[Records to process — start]

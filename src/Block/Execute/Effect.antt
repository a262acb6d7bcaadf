-- ===== src/Block/Execute/Effect.antt =====
-- What a block device promises: the effect of a request on a disk and on the guest's memory, less
-- the status byte. It knows of no leases, parts or buffers.
use libvirtio.Base.{
  ℕ, ◌+◌, ◌*◌, ◌≤◌, ◌<◌, ◌≡◌, ◌≢◌, ◌⊎◌, true, false, ◌&&◌, List, map, Option, none, some, All,
  length, range_from, ◌==◌, if◌then◌else◌,
}
use libvirtio.Buffers.Deposit.{deposit}
use libvirtio.Block.{BlockRequestType, BlockRequest}
use libvirtio.Block.File.{HostFile, laid_at}
use libvirtio.Block.Execute.{Limits, is_input}
use libvirtio.Block.Execute.Leases.{covered}

-- What the guest has at its addresses, and the file at its places.
abbrev pub View : Type 0
View = ℕ → Option ℕ

abbrev pub Contents : Type 0
Contents = ℕ → ℕ

abbrev pub start : BlockRequest → ℕ
start r = r.sector * 512

abbrev pub span_length : BlockRequest → ℕ
span_length r = length (covered r.payload)

abbrev pub Fits : Limits → BlockRequest → Type 0
Fits limits r = start r + span_length r ≤ limits.capacity

abbrev pub Untouched : {A : Type 0} → (ℕ → A) → (ℕ → A) → Type 0
Untouched f g = (x : ℕ) → g x ≡ f x

-- The byte at a guest address is not one of the payload's.
abbrev pub OutsidePayload : BlockRequest → ℕ → Type 0
OutsidePayload r x = All (λ a. a ≢ x) (covered r.payload)

-- The bytes that a request to write takes from the guest.
abbrev pub Given : BlockRequest → View → List ℕ → Type 0
Given r view bytes = map some bytes ≡ map view (covered r.payload)

-- How the disk `d` and the view `v` before, the disk `d'` and the view `v'` after, and a status
-- agree with a request; the file is in the state `f` when its calls are made.
pub data Effect {F : Type 0} (file : HostFile F) (f : F) (limits : Limits) (r : BlockRequest)
    (d : Contents) (v : View) (d' : Contents) (v' : View) : ℕ → Type 0 where
  did_read :
      r.request_type ≡ BlockRequestType.input
      → Fits limits r
      → Untouched d d'
      → ((x : ℕ)
          → v' x ≡ deposit v (covered r.payload) (map d (range_from (start r) (span_length r))) x)
      → Effect file f limits r d v d' v' 0
  did_write :
      (bytes : List ℕ)
      → r.request_type ≡ BlockRequestType.output
      → Fits limits r
      → limits.read_only ≡ false
      → Given r v bytes
      → Untouched (laid_at (start r) bytes d) d'
      → Untouched v v'
      → Effect file f limits r d v d' v' 0
  did_flush :
      r.request_type ≡ BlockRequestType.flush
      → limits.flush_supported ≡ true
      → (file.sync_data f).0 ≡ some tt
      → Untouched d d'
      → Untouched v v'
      → Effect file f limits r d v d' v' 0
  -- The request is beyond the capacity, or would write to a disk that is read only.
  refused :
      (limits.capacity < start r + span_length r)
        ⊎ ((r.request_type ≡ BlockRequestType.output) × (limits.read_only ≡ true))
      → Untouched d d'
      → Untouched v v'
      → Effect file f limits r d v d' v' 1
  read_failed :
      r.request_type ≡ BlockRequestType.input
      → Fits limits r
      → (file.preadv (span_length r) (start r) f).0.count ≢ some (span_length r)
      → Untouched d d'
      → ((x : ℕ) → OutsidePayload r x → v' x ≡ v x)
      → Effect file f limits r d v d' v' 1
  write_failed :
      (bytes : List ℕ)
      → r.request_type ≡ BlockRequestType.output
      → Fits limits r
      → limits.read_only ≡ false
      → Given r v bytes
      → (file.pwritev bytes (start r) f).0 ≢ some (span_length r)
      → ((x : ℕ) → (x < start r) ⊎ (start r + span_length r ≤ x) → d' x ≡ d x)
      → Untouched v v'
      → Effect file f limits r d v d' v' 1
  flush_failed :
      r.request_type ≡ BlockRequestType.flush
      → limits.flush_supported ≡ true
      → (file.sync_data f).0 ≡ none
      → Untouched d d'
      → Untouched v v'
      → Effect file f limits r d v d' v' 1
  not_supported :
      ((r.request_type ≡ BlockRequestType.flush) × (limits.flush_supported ≡ false))
        ⊎ ((code : ℕ) × (r.request_type ≡ BlockRequestType.unsupported code))
      → Untouched d d'
      → Untouched v v'
      → Effect file f limits r d v d' v' 2

-- The length to report: the bytes written to the guest, the status byte included.
abbrev pub reported : BlockRequest → ℕ → ℕ
reported r status = if status == 0 && is_input r.request_type then 1 + span_length r else 1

[Records to process — finish]

_Assigned task_: The records above need to be written out once more, exactly.

_Response_:
filename src/Block/Execute/Effect.antt
repository a262acb6d7bcaadf
-- ===== src/Block/Execute/Effect.antt =====
-- What a block device promises: the effect of a request on a disk and on the guest's memory, less
-- the status byte. It knows of no leases, parts or buffers.
use libvirtio.Base.{
  ℕ, ◌+◌, ◌*◌, ◌≤◌, ◌<◌, ◌≡◌, ◌≢◌, ◌⊎◌, true, false, ◌&&◌, List, map, Option, none, some, All,
  length, range_from, ◌==◌, if◌then◌else◌,
}
use libvirtio.Buffers.Deposit.{deposit}
use libvirtio.Block.{BlockRequestType, BlockRequest}
use libvirtio.Block.File.{HostFile, laid_at}
use libvirtio.Block.Execute.{Limits, is_input}
use libvirtio.Block.Execute.Leases.{covered}

-- What the guest has at its addresses, and the file at its places.
abbrev pub View : Type 0
View = ℕ → Option ℕ

abbrev pub Contents : Type 0
Contents = ℕ → ℕ

abbrev pub start : BlockRequest → ℕ
start r = r.sector * 512

abbrev pub span_length : BlockRequest → ℕ
span_length r = length (covered r.payload)

abbrev pub Fits : Limits → BlockRequest → Type 0
Fits limits r = start r + span_length r ≤ limits.capacity

abbrev pub Untouched : {A : Type 0} → (ℕ → A) → (ℕ → A) → Type 0
Untouched f g = (x : ℕ) → g x ≡ f x

-- The byte at a guest address is not one of the payload's.
abbrev pub OutsidePayload : BlockRequest → ℕ → Type 0
OutsidePayload r x = All (λ a. a ≢ x) (covered r.payload)

-- The bytes that a request to write takes from the guest.
abbrev pub Given : BlockRequest → View → List ℕ → Type 0
Given r view bytes = map some bytes ≡ map view (covered r.payload)

-- How the disk `d` and the view `v` before, the disk `d'` and the view `v'` after, and a status
-- agree with a request; the file is in the state `f` when its calls are made.
pub data Effect {F : Type 0} (file : HostFile F) (f : F) (limits : Limits) (r : BlockRequest)
    (d : Contents) (v : View) (d' : Contents) (v' : View) : ℕ → Type 0 where
  did_read :
      r.request_type ≡ BlockRequestType.input
      → Fits limits r
      → Untouched d d'
      → ((x : ℕ)
          → v' x ≡ deposit v (covered r.payload) (map d (range_from (start r) (span_length r))) x)
      → Effect file f limits r d v d' v' 0
  did_write :
      (bytes : List ℕ)
      → r.request_type ≡ BlockRequestType.output
      → Fits limits r
      → limits.read_only ≡ false
      → Given r v bytes
      → Untouched (laid_at (start r) bytes d) d'
      → Untouched v v'
      → Effect file f limits r d v d' v' 0
  did_flush :
      r.request_type ≡ BlockRequestType.flush
      → limits.flush_supported ≡ true
      → (file.sync_data f).0 ≡ some tt
      → Untouched d d'
      → Untouched v v'
      → Effect file f limits r d v d' v' 0
  -- The request is beyond the capacity, or would write to a disk that is read only.
  refused :
      (limits.capacity < start r + span_length r)
        ⊎ ((r.request_type ≡ BlockRequestType.output) × (limits.read_only ≡ true))
      → Untouched d d'
      → Untouched v v'
      → Effect file f limits r d v d' v' 1
  read_failed :
      r.request_type ≡ BlockRequestType.input
      → Fits limits r
      → (file.preadv (span_length r) (start r) f).0.count ≢ some (span_length r)
      → Untouched d d'
      → ((x : ℕ) → OutsidePayload r x → v' x ≡ v x)
      → Effect file f limits r d v d' v' 1
  write_failed :
      (bytes : List ℕ)
      → r.request_type ≡ BlockRequestType.output
      → Fits limits r
      → limits.read_only ≡ false
      → Given r v bytes
      → (file.pwritev bytes (start r) f).0 ≢ some (span_length r)
      → ((x : ℕ) → (x < start r) ⊎ (start r + span_length r ≤ x) → d' x ≡ d x)
      → Untouched v v'
      → Effect file f limits r d v d' v' 1
  flush_failed :
      r.request_type ≡ BlockRequestType.flush
      → limits.flush_supported ≡ true
      → (file.sync_data f).0 ≡ none
      → Untouched d d'
      → Untouched v v'
      → Effect file f limits r d v d' v' 1
  not_supported :
      ((r.request_type ≡ BlockRequestType.flush) × (limits.flush_supported ≡ false))
        ⊎ ((code : ℕ) × (r.request_type ≡ BlockRequestType.unsupported code))
      → Untouched d d'
      → Untouched v v'
      → Effect file f limits r d v d' v' 2

-- The length to report: the bytes written to the guest, the status byte included.
abbrev pub reported : BlockRequest → ℕ → ℕ
reported r status = if status == 0 && is_input r.request_type then 1 + span_length r else 1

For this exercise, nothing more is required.